Vitamin B6 is a vitamin needed in over 100 enzyme reactions and metabolism. It’s naturally found in many foods including pork, poultry, and peanuts. Other sources of vitamin B6 include supplements and of course, energy drinks.
The benefits of taking vitamin B6 from either drink or supplements include:
- Reduced Cardiovascular Disease risk
- Better Memory
- Reduced Premenstrual Syndrome (PMS) in women
According to the nutrition label, one can of NOS provides 200% DV of vitamin B6.
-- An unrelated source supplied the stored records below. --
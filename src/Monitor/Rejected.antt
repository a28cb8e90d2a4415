-- ===== src/Monitor/Rejected.antt =====
-- Traces that `CheckTrace` rejects stay rejected (server/TwoPhaseCommitFull.go).
use committer.Prelude.{◌≡◌, refl, subst, List, [], ◌∷◌, ◌++◌}
use committer.Go.{Go, Panic, ok, panic, ◌>>=◌, ◌>>◌}
use committer.Tla.{Tla}
use committer.Monitor.{
  State, EventType, Event, Monitor, Merged, merged, refused, capture_state, record_event,
  merge_extra,
}
use committer.Monitor.Trace.{check_event, check_from, check_events, check_trace}

-- The check of the monitor's trace panics.
abbrev pub Rejects : Panic → Monitor → Type 0
Rejects p m = check_trace m ≡ panic p

-- A result, if there is one, with `P`.
pub record Okay {ℓ} {A : Type 0} (P : A → Type ℓ) (g : Go A) : Type ℓ where
  pub result : (x : A) → g ≡ ok x → P x

pub Okay-ok {ℓ} : {A : Type 0} (P : A → Type ℓ) (x : A) → P x → Okay P (ok x)
Okay-ok P x h = record { result = λ y same. let e : x ≡ y = cc same in subst P e h }

pub Okay-bind {ℓ} :
    {A B : Type 0} (P : A → Type ℓ) (Q : B → Type ℓ) (g : Go A) (next : A → Go B)
    → Okay P g
    → ((x : A) → P x → Okay Q (next x))
    → Okay Q (g >>= next)
Okay-bind P Q (ok x) next o h = h x (o.result x refl)
Okay-bind P Q (panic p) next o h = record { result = λ x same. cc same }

pub Okay-each {ℓ} :
    {A B : Type 0} (Q : B → Type ℓ) (g : Go A) (next : A → Go B)
    → ((x : A) → Okay Q (next x))
    → Okay Q (g >>= next)
Okay-each Q (ok x) next h = h x
Okay-each Q (panic p) next h = record { result = λ x same. cc same }

>>-eq-panic :
    (p : Panic) (m k k' : Go (Unit {0}))
    → (m >> k) ≡ panic p
    → (k ≡ panic p → k' ≡ panic p)
    → (m >> k') ≡ panic p
>>-eq-panic p (ok _) k k' h f = f h
>>-eq-panic p (panic q) k k' h f = h

check_from-append :
    (p : Panic) (s : State) (es more : List Event)
    → check_from s es ≡ panic p
    → check_from s (es ++ more) ≡ panic p
unfolding check_from
check_from-append p s [] more h = cc h
check_from-append p s (e ∷ es) more h =
    >>-eq-panic p (check_event e.typ e.params s e.state) (check_from e.state es)
      (check_from e.state (es ++ more)) h (λ rest. check_from-append p e.state es more rest)

check_events-append :
    (p : Panic) (es more : List Event)
    → check_events es ≡ panic p
    → check_events (es ++ more) ≡ panic p
unfolding check_events
check_events-append p [] more h = cc h
check_events-append p (e ∷ es) more h = check_from-append p e.state (e ∷ es) more h

record_event-Rejects :
    (p : Panic) (m : Monitor) (typ : EventType) (args : List Tla) (c : Merged)
    → Rejects p m
    → Rejects p (record_event m typ args c).0
unfolding record_event check_trace
record_event-Rejects p m typ args (refused e) h = h
record_event-Rejects p m typ args (merged c) h = check_events-append p m.events _ h

pub capture_state-Rejects :
    (p : Panic) (c : State) (typ : EventType) (args : List Tla) (m : Monitor)
    → Rejects p m
    → Okay (λ w. Rejects p w.0) (capture_state c typ args m)
unfolding capture_state
capture_state-Rejects p c typ args m h =
    Okay-each (λ w. Rejects p w.0) (merge_extra m.extra c typ args)
      (λ x. ok (record_event m typ args x))
      (λ x.
        Okay-ok (λ w. Rejects p w.0) (record_event m typ args x)
          (record_event-Rejects p m typ args x h))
If I had to guess why I’d say it has to do with the amount of serving for each can which is 2 servings. Monster drink also contains 2 servings per can. So it’s possible that the manufacturers meant for only half a can to be consumed at a time instead of the entire can.
That way, each serving would have no more than the standard 100%DV of vitamin B6.
While it’s rare, vitamin B6 overdose is possible; it usually happens in people who take high levels of supplements for over a year. When this happens, it usually manifests in the person losing control of their bodily movements.
Other side effects include:
- Skin lesions
Like vitamin B6, vitamin B12 is important in energy production. Outside of that, it also plays a part in red blood cell formation, DNA formation, and nerve maintenance.
It’s found in poultry, seafood, eggs, and dairy products.
Benefits of taking vitamin B12 daily:
- Lower chance of anemia
- Lower chances of birth defects (women)
- Better bone health
- Lower risk of muscular degeneration
- Better mood
- Less chance of losing neurons
- Energy boost
- Better heart health
- Better hair, skin, and nails
With this in mind, a can of NOS, gives you 200% DV of vitamin B12.
Just like with vitamin B6, this is well over the standard (and maybe for the same reason). There’s also little chance of getting an overdose of vitamin 12, even though it’s still best avoided.
Additionally, there’s some research that suggests that people taking B12 supplements despite not having a deficiency could experience benefits like developing a better mood, reduced depression symptoms and better memory.
NOS has 210 calories per can, no fat, no protein, 54g of sugar and carbohydrates, and 410 mg of sodium. It also has 200% DV for both vitamin B6 and vitamin 12.
The biggest things to watch out for are the sugar and vitamin B6 content in NOS. Sugar overdose has very well-known consequences and vitamin B6 overdose can cause a lack of muscle control.
I don’t think any of this is very surprising, given how energy drinks work.
Still, even though NOS is far from the best or the healthiest energy drink for the health-conscious, it can work with proper dietary management.
Another thing I’d like to reiterate is that although nutrition labels can be easy to ignore, they’re ultimately there to help you take care of yourself. Taking 1-2 minutes to read them before buying anything will always leave you better off in the long run.